We will clarify this explanation for our findings further in the revision.
[1] The Invisible Leash: Why RLVR May Not Escape Its Origin. 2025 07.
W2: mainly focus on the Qwen model series.
Thank you for the comment. In addition to Qwen models, we also include LLaMA-3.1 and DeepSeek-R1-Distill-Qwen-14B as a starting model for RLVR in our paper.
To further demonstrate the generality of our findings, we additionally conducted experiments on other base models and their RLVR-trained versions, including: Gemma-2-2B [1], Mimo-7B [2], Tulu-3-70B [3].
The results are as follows:
Gemma-2-2B on Math500
| pass@1 | pass@4 | pass@16 | pass@64 | pass@256 | |
|---|---|---|---|---|---|
| Base | 25.8% | 39.3% | 52.4% | 64.6% | 75.0% |
| RLVR | 28.0% | 42.1% | 54.4% | 65.2% | 73.8% |
| Δ (Base - RLVR) | -2.2% | -2.8% | -2.0% | -0.6% | +1.2% |
Mimo-7B on Math500
| pass@1 | pass@4 | pass@16 | pass@64 | pass@256 | |
|---|---|---|---|---|---|
| Base | 39.1% | 69.4% | 89.4% | 96.6% | 98.6% |
| RL-Zero | 65.3% | 90.6% | 96.5% | 97.8% | 98.4% |
| Δ (Base - RLVR) | -26.2% | -21.2% | -7.1% | -1.2% | +0.2% |
Tulu-70B on Math500
For Tulu-3-70B, we evaluate on the first 100 problems of MATH500 due to the high computational cost.
| Model | k=1 | k=4 | k=16 | k=32 |
|---|---|---|---|---|
| Tulu-3-SFT* | 58.6% | 77.2% | 88.1% | 91.0% |
| Tulu-3-RLVR | 64.4% | 80.9% | 87.7% | 89.0% |
| Δ (SFT - RLVR) | -5.8% | -3.7% | +0.4% | +2.0% |
*: Tulu-3-RLVR is RL-trained based on Tulu-3-SFT.
These results further support the robustness and broader applicability of our conclusions across model families.
[1] Gemma 2: Improving Open Language Models at a Practical Size.
[2] MiMo: Unlocking the Reasoning Potential of Language Model -- From Pretraining to Posttraining
[3] Tulu 3: Pushing Frontiers in Open Language Model Post-Training
W3: The evaluation is too centered on pass@k curves.
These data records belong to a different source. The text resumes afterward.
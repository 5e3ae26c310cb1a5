-- ===== src/Validator/Seen/Once.antt =====
-- No share counts twice (validator.go).
use proxy_router.Prelude.{
  ℕ, ◌≡◌, ◌≢◌, ◌⊎◌, inl, inr, refl, sym, ap, ◌∙◌, subst, true, false, String, List, [], ◌∷◌, Option,
  none, some, arith, ◌=?◌, string_eq, Option-cases, Bool-cases,
}
use proxy_router.Prelude.Options.{◌>>=◌, Returns, some_inj}
use proxy_router.Floats.{Float64}
use proxy_router.Stratum.{MiningSubmit, get_job_id}
use proxy_router.Containers.BoundStackMap.{get}
use proxy_router.Validator.{
  MiningJob, Validator, job_not_found, duplicate_share, ShareResult, share_of, is_among, is_expired,
  check_duplicate_and_add_share, set_version_rolling_mask, schedule_clean_jobs, add_new_job,
  after_check, check_share, with_job, validate_and_add_share,
}
use proxy_router.Validator.Seen.{
  Call, submits, adds, sets_mask, cleans, Keeps, Knows, check_adds, check_keeps, check_again,
  schedule-Knows, add_new_job-Knows,
}
use proxy_router.Validator.Seen.Cases.{Checked, after_check-get, validate-with_job, validate-cases}

module _ (fl : Float64) (sha256 : List ℕ → List ℕ) where
  open fl use {F}

  -- One call, and several.
  abbrev pub call : Call F → Validator F → Option (Validator F)
  call (submits now msg) v = do r ← validate_and_add_share fl sha256 now msg v; some r.0
  call (adds now msg diff xn1 xn2size) v = add_new_job now msg diff xn1 xn2size v
  call (sets_mask mask) v = some (set_version_rolling_mask v mask)
  call (cleans now) v = some (schedule_clean_jobs now v)

  abbrev pub run : List (Call F) → Validator F → Option (Validator F)
  run [] v = some v
  run (c ∷ calls) v = do w ← call c v; run calls w

  submit-Knows :
      (id : String) (b : List ℕ) (now : ℕ) (msg : MiningSubmit) (v w : Validator F)
      (r : ShareResult) (j : String)
      → get_job_id msg ≡ some j
      → validate_and_add_share fl sha256 now msg v ≡ some (w, r)
      → Knows id b v
      → Knows id b w
  submit-Knows id b now msg v w r j i e k =
      go (validate-cases fl sha256 j now msg v w r i e) (Bool-cases (j =? id))
    where
      moved :
          ((x : String) → x ≢ j → get w.jobs x ≡ get v.jobs x)
          → id ≢ j
          → Knows id b v
          → Knows id b w
      moved f n (inl g) = inl (f id n ∙ g)
      moved f n (inr (job, g, m)) = inr (job, f id n ∙ g, m)

      same_job :
          (job : MiningJob F) (c : List ℕ)
          → get v.jobs id ≡ some job
          → get w.jobs id ≡ some (check_duplicate_and_add_share job c).1
          → Knows id b v
          → Knows id b w
      same_job job c g g' (inl n) = absurd (ground (arith, g, n))
      same_job job c g g' (inr (job', n, m)) = inr (
        (check_duplicate_and_add_share job c).1,
        g',
        check_keeps job b c (
            subst (λ (x : MiningJob F). is_among b x.shares ≡ true) (some_inj job' job (sym n ∙ g))
              m),
      )

      go :
          ((w ≡ v) × (r.error ≡ some job_not_found)) ⊎ Checked fl sha256 j now msg v w r
          → ((j =? id) ≡ true) ⊎ ((j =? id) ≡ false)
          → Knows id b w
      go (inl (p, _)) _ = subst (Knows id b) (sym p) k
      go (inr (job, c, g, x, s, a)) (inr n) =
          moved (after_check-get fl sha256 j job c msg v w r g a).1
            (ground (arith, string_eq.beq_iff j id, n)) k
      go (inr (job, c, g, x, s, a)) (inl p) =
          let q : j ≡ id = ground (arith, string_eq.beq_iff j id, p) in
          same_job job c (ap (get v.jobs) (sym q) ∙ g)
            (ap (get w.jobs) (sym q) ∙ (after_check-get fl sha256 j job c msg v w r g a).0) k

  validate_none :
      (now : ℕ) (msg : MiningSubmit) (v : Validator F)
      → get_job_id msg ≡ none
      → validate_and_add_share fl sha256 now msg v ≡ none
  unfolding validate_and_add_share
  validate_none now msg v n = rw n refl

  call-Knows :
      (id : String) (b : List ℕ) (c : Call F) (v w : Validator F)
      → Keeps id (c ∷ [])
      → call c v ≡ some w
      → Knows id b v
      → Knows id b w
  unfolding set_version_rolling_mask
  call-Knows id b (submits now msg) v w o e k = elim (Option-cases (get_job_id msg)) [
    | inl n ↦ absurd (ground (arith, e, validate_none now msg v n))
    | inr (j, i) ↦ elim (Option-cases (validate_and_add_share fl sha256 now msg v)) [
      | inl n ↦ absurd (ground (arith, e, n))
      | inr (r, n) ↦ submit-Knows id b now msg v w r.1 j i (n ∙ ground (arith, e, n)) k
    ]
  ]
  call-Knows id b (adds now msg d xn1 n) v w o e k =
      add_new_job-Knows id b now msg d xn1 n v w o.0 k e
  call-Knows id b (sets_mask mask) v w o e k = subst (Knows id b) (some_inj _ _ e) k
  call-Knows id b (cleans now) v w o e k =
      subst (Knows id b) (some_inj _ _ e) (schedule-Knows id b now v k)

  run-Knows :
      (id : String) (b : List ℕ) (calls : List (Call F)) (v w : Validator F)
      → Keeps id calls
      → run calls v ≡ some w
      → Knows id b v
      → Knows id b w
  run-Knows id b [] v w o e k = subst (Knows id b) (some_inj _ _ e) k
  run-Knows id b (c ∷ calls) v w o e k = elim (Option-cases (call c v)) [
    | inl n ↦ absurd (ground (arith, e, n))
    | inr (u, n) ↦
        run-Knows id b calls u w (rest c calls o) (sym (ap (λ x. x >>= run calls) n) ∙ e)
          (call-Knows id b c v u (first c calls o) n k)
  ]
    where
      first : (c : Call F) (calls : List (Call F)) → Keeps id (c ∷ calls) → Keeps id (c ∷ [])
      first (submits _ _) calls o = tt
      first (adds _ _ _ _ _) calls o = (o.0, tt)
      first (sets_mask _) calls o = tt
      first (cleans _) calls o = tt

      rest : (c : Call F) (calls : List (Call F)) → Keeps id (c ∷ calls) → Keeps id calls
      rest (submits _ _) calls o = o
      rest (adds _ _ _ _ _) calls o = o.1
      rest (sets_mask _) calls o = o
      rest (cleans _) calls o = o

  -- A job that is gone or has the share: the share is not accepted again.
  Knows-rejects :
      (id : String) (b : List ℕ) (now : ℕ) (msg : MiningSubmit) (v : Validator F)
      → get_job_id msg ≡ some id
      → share_of msg ≡ some b
      → Knows id b v
      → Returns
          (λ r. (r.0 ≡ v) × ((r.1.error ≡ some job_not_found) ⊎ (r.1.error ≡ some duplicate_share)))
          (validate_and_add_share fl sha256 now msg v)
  unfolding with_job check_share after_check
  Knows-rejects id b now msg v i s (inl g) =
      rw (validate-with_job fl sha256 id now msg v none i g) (refl, inl refl)
  Knows-rejects id b now msg v i s (inr (job, g, m)) =
      elim (Bool-cases (is_expired now job.expiration_time)) [
        | inl x ↦ rw (validate-with_job fl sha256 id now msg v (some job) i g, x) (refl, inl refl)
        | inr x ↦
            rw (validate-with_job fl sha256 id now msg v (some job) i g, x, s, check_again job b m)
              (refl, inr refl)
      ]

  -- A share that has come to the check of its difficulty, or was a duplicate there, is never
  -- accepted after that, in whatever message it comes: after any run of the validator's calls that
  -- adds no job under the same ID, the call returns, changes nothing, and reports a duplicate or
  -- that the job is not found.
  pub validate_once :
      (id : String) (b : List ℕ) (now now' : ℕ) (msg msg' : MiningSubmit) (calls : List (Call F))
      (v w u : Validator F) (r : ShareResult)
      → get_job_id msg ≡ some id
      → share_of msg ≡ some b
      → validate_and_add_share fl sha256 now msg v ≡ some (w, r)
      → r.error ≢ some job_not_found
      → Keeps id calls
      → run calls w ≡ some u
      → get_job_id msg' ≡ some id
      → share_of msg' ≡ some b
      → Returns
          (λ x. (x.0 ≡ u) × ((x.1.error ≡ some job_not_found) ⊎ (x.1.error ≡ some duplicate_share)))
          (validate_and_add_share fl sha256 now' msg' u)
  validate_once id b now now' msg msg' calls v w u r i s e n o q i' s' =
      Knows-rejects id b now' msg' u i' s'
        (run-Knows id b calls w u o q (go (validate-cases fl sha256 id now msg v w r i e)))
    where
      go :
          ((w ≡ v) × (r.error ≡ some job_not_found)) ⊎ Checked fl sha256 id now msg v w r
          → Knows id b w
      go (inl (_, p)) = absurd (n p)
      go (inr (job, c, g, x, t, a)) = inr (
        (check_duplicate_and_add_share job c).1,
        (after_check-get fl sha256 id job c msg v w r g a).0,
        subst (λ y. is_among y (check_duplicate_and_add_share job c).1.shares ≡ true)
            (ground (arith, s, t)) (check_adds job c),
      )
I would appreciate more analyses like the one in the “Perplexity Analysis” paragraph.
We appreciate your recognition of the perplexity analyses beyond pass@k. In our paper, we also include accuracy distributions, reasoning coverage, and comparisons with distilled models, intended to provide a more comprehensive view of RLVR’s capabilities and limitations.
During the rebuttal, we further expanded the perplexity analysis, adding the dynamics of perplexity throughout training, which will be included in the revision (see details in our response to Reviewer KdU6’s Q4 for details if you are interested).
Additionally, we plan to incorporate more plausible explanations and potential solutions for RLVR's limitations to deepen the discussion. We believe these additions will strengthen the paper beyond pass@k curves and help enrich understanding of the findings. Thank you again for your constructive suggestion.
Q1: What are the specific policy optimization parameters used during RLVF? For example, what values did you set for ppo_mini_batch_size and ppo_epochs in VeRL?
Thank you for the question. For broad experiments, we use publicly released checkpoints from existing RLVR works such as SimpleRLZoo, DAPO, OAT, and DeepCoder. The RL training hyperparameters for these models can be found in their respective papers.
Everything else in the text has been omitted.